Directions for this task :: Print the records below word for word, beginning with the first line and ending once the line containing "abbrev asked : SetupAp" is printed.

(Available records begins)

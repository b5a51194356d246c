-- ===== src/Config/Tests.antt =====
-- A configuration that arrives twice, a card that is held to the reader, a setup access point that
-- was asked for, and instances of the theorems.
use rfid_access.Base.{ℕ, ◌≡◌, refl, true, false, List, [], ◌∷◌, arith, Text}
use rfid_access.Samples.{quiet_door, online, wanted}
use rfid_access.Config.{ReaderTask, on_credential, apply_config}
use rfid_access.Config.Applied.{applied_once}
use rfid_access.Config.SetupAp.{SetupAp, raise_setup_ap, loop_pass, loop_passes, setup_ap_closes}
use rfid_access.Base.{if◌then◌else◌, add32}
use rfid_access.Wifi.{is_running, pass}
use rfid_access.Config.Repeats.{run}

applied_once_example :
    let once = apply_config quiet_door wanted in
    let twice = apply_config once wanted in
    (twice.append_calls ≡ once.append_calls)
    × (twice.relay_hold_ms ≡ once.relay_hold_ms)
    × (twice.result_hold_ms ≡ once.result_hold_ms)
    × (twice.schedule ≡ once.schedule)
    × (twice.nv_door_contact ≡ once.nv_door_contact)
    × (twice.nv_door_held_sec ≡ once.nv_door_held_sec)
    × (twice.nv_reader_wiegand ≡ once.nv_reader_wiegand)
applied_once_example = applied_once quiet_door wanted (omega arith, omega arith, omega arith)

abbrev card : Text
card = b'7' ∷ []

abbrev held_card : List (Text × ℕ)
held_card = (card, 1000) ∷ (card, 1400) ∷ (card, 2600) ∷ []

abbrev waiting : ReaderTask
waiting = record { last_cred = []; last_cred_ms = 0 }

held_card_queued : (run waiting [] held_card).1 ≡ (card, 2600) ∷ (card, 1000) ∷ []
unfolding run on_credential
held_card_queued = refl

abbrev asked : SetupAp
asked = record { config = record quiet_door { nv_setup_ap = true }; wifi = online; close_at = 0 }

setup_ap_closes_example :
    let early = loop_passes (raise_setup_ap asked 9000) ((20000, true) ∷ (1700000, false) ∷ []) in
    let late = loop_pass early (1809000, false) in
    let running = is_running (pass early.wifi 1809000 false).0.change in
    (early.wifi.setup_ap ≡ true)
    × (early.config.nv_setup_ap ≡ false)
    × (late.wifi.setup_ap ≡ running)
    × (late.close_at ≡ (if running then add32 1809000 60000 else 0))
unfolding pass loop_passes raise_setup_ap
setup_ap_closes_example =
    setup_ap_closes asked 9000 1809000 false ((20000, true) ∷ (1700000, false) ∷ []) refl refl
      ((omega arith, omega arith), ((omega arith, omega arith), tt)) (omega arith) (omega arith)
      (omega arith)
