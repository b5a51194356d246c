-- ===== src/Door/Rules.antt =====
-- What one call of `update` decides.
use rfid_access.Base.{ℕ, ◌≤◌, ◌≡◌, ◌↔◌, true, false, not, arith, sub32}
use rfid_access.Door.{forced, held_closed, Inputs, DoorContact, debounce_ms, update}

-- FORCED is returned exactly when the debounced position goes from closed to open on a tick at
-- which neither a release nor an unlock window is in effect.
pub forced_iff :
    (d : DoorContact) (now : ℕ) (i : Inputs)
    → ((update d now i).1 ≡ forced) ↔ (
        (d.is_open ≡ false)
        × ((update d now i).0.is_open ≡ true)
        × (i.released ≡ false)
        × (i.schedule_open ≡ false))
unfolding update
forced_iff d now i = (ground arith, ground arith)

-- The debounced position changes on a tick exactly when the raw reading disagrees with it, the
-- disagreement was already pending, and it has been pending for at least 150 ms; then the new
-- position is the raw reading.
pub debounce_iff :
    (d : DoorContact) (now : ℕ) (i : Inputs)
    → ((update d now i).0.is_open ≡ not d.is_open) ↔ (
        (i.raw_open ≡ not d.is_open)
        × (d.pending ≡ true)
        × (debounce_ms ≤ sub32 now d.pending_since))
unfolding update
debounce_iff d now i = (ground arith, ground arith)

-- HELD_CLOSED is returned exactly when a door that was reported held open goes to closed.
pub held_closed_iff :
    (d : DoorContact) (now : ℕ) (i : Inputs)
    → ((update d now i).1 ≡ held_closed)
      ↔ ((d.is_open ≡ true) × ((update d now i).0.is_open ≡ false) × (d.held_reported ≡ true))
unfolding update
held_closed_iff d now i = (ground arith, ground arith)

(Available records ends)

Solution for this exercise ::
repository b5a51194356d246c
-- ===== src/Config/Tests.antt =====
-- A configuration that arrives twice, a card that is held to the reader, a setup access point that
-- was asked for, and instances of the theorems.
use rfid_access.Base.{ℕ, ◌≡◌, refl, true, false, List, [], ◌∷◌, arith, Text}
use rfid_access.Samples.{quiet_door, online, wanted}
use rfid_access.Config.{ReaderTask, on_credential, apply_config}
use rfid_access.Config.Applied.{applied_once}
use rfid_access.Config.SetupAp.{SetupAp, raise_setup_ap, loop_pass, loop_passes, setup_ap_closes}
use rfid_access.Base.{if◌then◌else◌, add32}
use rfid_access.Wifi.{is_running, pass}
use rfid_access.Config.Repeats.{run}

applied_once_example :
    let once = apply_config quiet_door wanted in
    let twice = apply_config once wanted in
    (twice.append_calls ≡ once.append_calls)
    × (twice.relay_hold_ms ≡ once.relay_hold_ms)
    × (twice.result_hold_ms ≡ once.result_hold_ms)
    × (twice.schedule ≡ once.schedule)
    × (twice.nv_door_contact ≡ once.nv_door_contact)
    × (twice.nv_door_held_sec ≡ once.nv_door_held_sec)
    × (twice.nv_reader_wiegand ≡ once.nv_reader_wiegand)
applied_once_example = applied_once quiet_door wanted (omega arith, omega arith, omega arith)

abbrev card : Text
card = b'7' ∷ []

abbrev held_card : List (Text × ℕ)
held_card = (card, 1000) ∷ (card, 1400) ∷ (card, 2600) ∷ []

abbrev waiting : ReaderTask
waiting = record { last_cred = []; last_cred_ms = 0 }

held_card_queued : (run waiting [] held_card).1 ≡ (card, 2600) ∷ (card, 1000) ∷ []
unfolding run on_credential
held_card_queued = refl

abbrev asked : SetupAp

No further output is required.